Simply listening to the full range loudspeaker system we were measuring made it clear that the system was reproducing LF energy down to at least 100 Hz!

I would suggest that a primary goal of an effective measurement system should be to provide results that correlate well with what we hear.

So the lack of correlation between what we have heard and what we measured suggests a modification to our approach.

As an alternate approach to trying to find a measurement that correlates with what we hear, we can try using a longer time window to “see” the LF response with better resolution.

A longer time window of approximately 250 msec is shown in Figure 4.

Figure 4: The impulse response of a 1250 seat multipurpose hall. The vertical lines suggest a time window that INCLUDES most of the effects of the room. The time window shown is approximately 0.25 seconds.

To transform this longer “slice” of the impulse response into the frequency domain, we will use an 8k FFT which represents 8k/48000 seconds, or 0.171 seconds.

Notice again that this time window includes both the direct sound and the response of the room.

In Figure 5 the low frequency information is seen in adequate resolution, however the high frequency results look confusing. The plot shows data that has 5 Hz resolution (i.e. one data point every 5 Hz).

While this resolution provides excellent LF resolution (between 31 Hz and 62.5 Hz there are 15 data points.

However at HF we have excessive resolution - between 4 kHz and 8 kHz there are approximately 800 data points.

Simply stated, the longer time window provides good LF resolution, but excessive HF resolution.

The result of studying these plots might lead you to conclude that in order to make measurements that correlate well with our listening experience, we must use very short time windows that isolate the direct sound at high frequencies, and increasingly longer time windows as we look at lower frequencies.

At first glance this idea might seem to violate the often quoted phrase, “One can only affect the direct sound with processing.”

However this is not the case. At mid-low and low frequencies, the interaction of a sound system and a room can be affected and optimized by signal processing.

In other words, at low frequencies (long wavelengths) the direct sound and reflections from nearby surfaces combine to form a composite response. It is this composite response that a listener hears.

The ability to measure several time windows simultaneously provides a measurement that both correlates well with human hearing and provides insight into how the signal being sent to the loudspeaker can be tailored (via equalizers, or other processing) to optimize the loudspeaker/room interaction.

Figure 5: The frequency response of the direct sound portion of an impulse response of a 1,250-seat multi-purpose hall. The response was calculated using a 8192 point FFT (which equals a 8192/48000 or ~107 msec). As you can see the frequency response shows low frequency energy that is much more pronounced than seen with the shorter time window.

Our last figure shows a measurement of a loudspeaker system that includes multiple time windows and displays both the magnitude and phase response of the “system.”

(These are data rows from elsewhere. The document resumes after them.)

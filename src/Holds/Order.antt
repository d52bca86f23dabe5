-- ===== src/Holds/Order.antt =====
-- The order of the queue: what `ORDER BY position` and `MAX(position)` select.
use elidune_server.Prelude.{
  ℕ, ◌≤◌, ◌≡◌, refl, Bool, true, none, some, List, [], ◌∷◌, arith, Option-cases, inl, inr,
}
use elidune_server.Prelude.Table.{All, count_where, IsRow}
use elidune_server.Db.{Hold}
use elidune_server.Holds.{first_by_position, max_position}

-- Every row that matches stands at `n` or later.
abbrev pub IsFrom : (Hold → Bool) → ℕ → List Hold → Type 0
IsFrom p n = All (λ k. p k ≡ true → n ≤ k.position)

-- Every row that matches stands at `n` or before.
abbrev pub IsUpTo : (Hold → Bool) → ℕ → List Hold → Type 0
IsUpTo p n = All (λ k. p k ≡ true → k.position ≤ n)

module _ (p : Hold → Bool) where
  IsFrom-mono : (m n : ℕ) (hs : List Hold) → m ≤ n → IsFrom p n hs → IsFrom p m hs
  IsFrom-mono m n [] le h = tt
  IsFrom-mono m n (x ∷ hs) le h = (λ e. omega (arith, h.0 e), IsFrom-mono m n hs le h.1)

  IsUpTo-mono : (m n : ℕ) (hs : List Hold) → m ≤ n → IsUpTo p m hs → IsUpTo p n hs
  IsUpTo-mono m n [] le h = tt
  IsUpTo-mono m n (x ∷ hs) le h = (λ e. omega (arith, h.0 e), IsUpTo-mono m n hs le h.1)

  IsFrom-none : (n : ℕ) (hs : List Hold) → first_by_position p hs ≡ none → IsFrom p n hs
  IsFrom-none n [] e = tt
  IsFrom-none n (x ∷ hs) e = (λ px. absurd (ground arith), IsFrom-none n hs (ground arith))

  pub first_by_position_least :
      (hs : List Hold) (h : Hold)
      → first_by_position p hs ≡ some h
      → (p h ≡ true) × IsFrom p h.position hs
  first_by_position_least [] h e = cc
  first_by_position_least (x ∷ hs) h e = elim (Option-cases (first_by_position p hs)) [
    | inl nothing ↦ (ground arith, (λ px. ground arith, IsFrom-none h.position hs nothing))
    | inr (k, found) ↦
        let least = first_by_position_least hs k found in
        (
          ground arith,
          (λ px. ground arith, IsFrom-mono h.position k.position hs (ground arith) least.1),
        )
  ]

  pub first_by_position-none :
      (hs : List Hold) → first_by_position p hs ≡ none → count_where p hs ≡ 0
  first_by_position-none [] e = refl
  first_by_position-none (x ∷ hs) e = ground (arith, first_by_position-none hs)

  -- Every row that matches stands at or before the maximum.
  pub max_position_bounds : (hs : List Hold) → IsUpTo p (max_position p hs) hs
  max_position_bounds [] = tt
  max_position_bounds (x ∷ hs) = (
    λ px. ground arith,
    IsUpTo-mono (max_position p hs) (max_position p (x ∷ hs)) hs (ground arith)
        (max_position_bounds hs),
  )

  pub first_by_position-IsRow :
      (hs : List Hold) (h : Hold) → first_by_position p hs ≡ some h → IsRow h hs
  first_by_position-IsRow [] h e = cc
  first_by_position-IsRow (x ∷ hs) h e = elim (Option-cases (first_by_position p hs)) [
    | inl nothing ↦ inl (ground arith)
    | inr (k, found) ↦ ground (arith, first_by_position-IsRow hs k found)
  ]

The use of multiple time windows allows one to isolate the direct sound of a loudspeaker in a real-world situation at high frequencies.

However, at lower frequencies, longer time windows that include the loudspeaker/room interaction have been found to correlate well with our listening experience.

Multiple time windows in a single measurement is an extremely interesting way to measure and optimize the response of a sound system in a room.

Sam Berkow has completed a wide variety of acoustical design projects including: concert halls, recording studios, broadcast facilities, production facilities, house of worship facilities, large multi-purpose venues, amphitheaters and stadiums. His educational background includes a masters degree in Engineering from the Stevens Institute of Technology, where he specialized in acoustic measurement and design. He is also the original developer of Smaart acoustic measurement & system optimization software.